FF: I think once he started in Newfoundland, and he saw how well he was being received in Newfoundland in the Maritime provinces and through Quebec, that he knew every step of the way the momentum was growing and the interest was there. And then, of course, once he got to southern Ontario, I think … being at Nathan Phillips Square and talking to 10,000 people, I think he realized then that his message was getting through to people and his message was having an impact. And I think it made him that much more determined to get home.
MC: When you look at the line-up for Terry Fox: The Power of One broadcast, can you tell us a little bit about what fans can expect from the evening?
FF: It’s going to be people’s stories, their contributions, but also that of common, ordinary Canadians. And that’s what Terry would want. That’s who he was running for. So it’s going to be a wonderful night of stories, of music, so much going on.
MC: Looking back at your own life with your brother Terry, what fond memories come to mind for you when you think of your brother?
FF: My memories have nothing to do with the Marathon of Hope with Terry. It’s all the things that we did as kids growing up. When we first moved to British Columbia and Terry was eight and I was nine and starting to get into sports and all the different sports we played. We were very active and mom and dad were, I think we could say confidently, very strict with us, but we were happy.
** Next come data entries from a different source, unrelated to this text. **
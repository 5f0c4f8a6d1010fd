-- ===== src/Xml/OrderMap.antt =====
-- xml/order-map.ts. `Array.prototype.sort` is a parameter, and so are `Number(text)` on a part of a
-- name and `String(number)`. Names of `Object.prototype` are not used as names of elements.
pub mod Table
pub mod Reorder
pub mod Order
mod Tests
use Prim.Native.Nat.{compare, Ordering}
use ksef_client_ts.Base.{
  ℕ, Bool, true, false, ◌&&◌, not, is_some, drop, Option, none, some, List, [], ◌∷◌, ◌++◌, map,
  String, any, ltb, ◌==◌, str_eq, if◌then◌else◌,
}
use ksef_client_ts.Base.Dict.{Dict, get, put}
use ksef_client_ts.Base.Text.{codes, same_text, text_lt}
use ksef_client_ts.Xml.{
  XmlValue, XmlItems, XmlFields, text, number, boolean, null, undefined, array, object, no_items,
  item, no_fields, field, entries, from_entries, is_defined,
}
use ksef_client_ts.Xml.OrderMap.Table.{order_map}

-- A part of a name: a number, or a text that is none.
pub data Part : Type 0 where
  numeric : ℕ → Part
  letters : List ℕ → Part

-- What the host does: `Number(text)`, `none` for NaN; `String(number)`; the sort by a comparator.
pub record Host : Type 0 where
  pub number_of : List ℕ → Option ℕ
  pub text_of : ℕ → List ℕ
  pub sort : (String → String → Ordering) → List String → List String

abbrev pub starts_with : List ℕ → List ℕ → Bool
starts_with [] s = true
starts_with (p ∷ ps) [] = false
starts_with (p ∷ ps) (c ∷ s) = p == c && starts_with ps s

-- key.startsWith('P_')
abbrev pub is_p_key : String → Bool
is_p_key key = starts_with (codes "P_") (codes key)

-- value.replace(/^P_/, '')
abbrev pub without_prefix : List ℕ → List ℕ
without_prefix s = if starts_with (codes "P_") s then drop 2 s else s

-- value.split('_')
abbrev add_to_first : ℕ → List (List ℕ) → List (List ℕ)
add_to_first c [] = (c ∷ []) ∷ []
add_to_first c (s ∷ parts) = (c ∷ s) ∷ parts

abbrev pub split_parts : List ℕ → List (List ℕ)
split_parts [] = [] ∷ []
split_parts (c ∷ s) =
    let rest = split_parts s in if c == b'_' then [] ∷ rest else add_to_first c rest

module _ (host : Host) where
  abbrev part_of : List ℕ → Part
  part_of s = elim (host.number_of s) [ none ↦ letters s | some n ↦ numeric n ]

  unfoldable pub normalize : String → List Part
  normalize value = map part_of (split_parts (without_prefix (codes value)))

  -- String(part)
  abbrev pub part_text : Part → List ℕ
  part_text (numeric n) = host.text_of n
  part_text (letters s) = s

  abbrev compare_texts : List ℕ → List ℕ → Ordering → Ordering
  compare_texts s t rest =
      if same_text s t then rest else if text_lt s t then Ordering.lt else Ordering.gt

  abbrev compare_part : Part → Part → Ordering → Ordering
  compare_part (numeric a) (numeric b) rest = if a == b then rest else compare a b
  compare_part (numeric a) (letters t) rest = compare_texts (host.text_of a) t rest
  compare_part (letters s) b rest = compare_texts s (part_text b) rest

  -- The loop of comparePKey.
  abbrev pub compare_parts : List Part → List Part → Ordering
  compare_parts [] [] = Ordering.eq
  compare_parts [] (b ∷ others) = Ordering.lt
  compare_parts (a ∷ rest) [] = Ordering.gt
  compare_parts (a ∷ rest) (b ∷ others) = compare_part a b (compare_parts rest others)

  unfoldable pub compare_p_key : String → String → Ordering
  compare_p_key a b = compare_parts (normalize a) (normalize b)

-- `used.has(key)`
abbrev pub has : String → List String → Bool
has key keys = any (str_eq key) keys

-- ORDER_MAP[contextKey], the empty order where there is none
abbrev pub order_of : Option String → List String
order_of none = []
order_of (some context) = elim (get context order_map) [ none ↦ [] | some order ↦ order ]

-- `ordered[key] = item` for the keys of a list that the object has with a value.
unfoldable pub add_keys : List String → Dict XmlValue → Dict XmlValue → Dict XmlValue
add_keys [] value ordered = ordered
add_keys (key ∷ keys) value ordered = add_keys keys value (elim (get key value) [
  | none ↦ ordered
  | some v ↦ if is_defined v then put key v ordered else ordered
])

-- The keys that a list and the object share: what the first loop adds to `used`.
unfoldable pub present : List String → Dict XmlValue → List String
present [] value = []
present (key ∷ keys) value =
    let rest = present keys value in if is_some (get key value) then key ∷ rest else rest

abbrev pub keys_of : Dict XmlValue → List String
keys_of [] = []
keys_of ((k, v) ∷ m) = k ∷ keys_of m

abbrev pub filter_keys : (String → Bool) → List String → List String
filter_keys p [] = []
filter_keys p (k ∷ ks) = let rest = filter_keys p ks in if p k then k ∷ rest else rest

module _ (host : Host) where
  -- The body of orderXmlObject, on an object whose values are ordered already.
  unfoldable pub reorder : Option String → Dict XmlValue → Dict XmlValue
  reorder context value =
      let order = order_of context in
      let used = present order value in
      let p_keys =
        host.sort (compare_p_key host)
          (filter_keys (λ k. not (has k used) && is_p_key k) (keys_of value)) in
      let others = filter_keys (λ k. not (has k (used ++ p_keys))) (keys_of value) in
      add_keys others value (add_keys p_keys value (add_keys order value []))

  -- normalizeValueForKey, normalizeValue and orderXmlObject. The values of an object are ordered
  -- before the object itself.
  unfoldable mutual
    pub normalize_value_for_key : String → XmlValue → XmlValue
    normalize_value_for_key key (array items) = array (normalize_items_for_key key items)
    normalize_value_for_key key (object fields) =
        object (from_entries (reorder (some key) (entries (normalize_fields fields))))
    normalize_value_for_key key (text s) = text s
    normalize_value_for_key key (number n) = number n
    normalize_value_for_key key (boolean b) = boolean b
    normalize_value_for_key key null = null
    normalize_value_for_key key undefined = undefined

    pub normalize_items_for_key : String → XmlItems → XmlItems
    normalize_items_for_key key no_items = no_items
    normalize_items_for_key key (item (object fields) items) =
        item (object (from_entries (reorder (some key) (entries (normalize_fields fields)))))
          (normalize_items_for_key key items)
    normalize_items_for_key key (item v items) =
        item (normalize_value v) (normalize_items_for_key key items)

    pub normalize_value : XmlValue → XmlValue
    normalize_value (array items) = array (normalize_items items)
    normalize_value (object fields) =
        object (from_entries (reorder none (entries (normalize_fields fields))))
    normalize_value (text s) = text s
    normalize_value (number n) = number n
    normalize_value (boolean b) = boolean b
    normalize_value null = null
    normalize_value undefined = undefined

    pub normalize_items : XmlItems → XmlItems
    normalize_items no_items = no_items
    normalize_items (item v items) = item (normalize_value v) (normalize_items items)

    pub normalize_fields : XmlFields → XmlFields
    normalize_fields no_fields = no_fields
    normalize_fields (field k v fields) =
        field k (normalize_value_for_key k v) (normalize_fields fields)

  unfoldable pub order_xml_object : Option String → XmlFields → XmlFields
  order_xml_object context value = from_entries (reorder context (entries (normalize_fields value)))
I think that was a good thing. And so when it came to buying us stuff, like our first set of golf clubs and our first pair of blue jeans, they weren’t just going to go and do that because that’s what we wanted. We had to go out and earn it ourselves. And giving us that early work ethic. So it was those kinds of things that Terry and I would do together as kids — pick blueberries to make a little bit of extra money to buy our first 10-speed bikes and stuff like that. It is those kinds of things that we did together.
* This interview has been edited and condensed.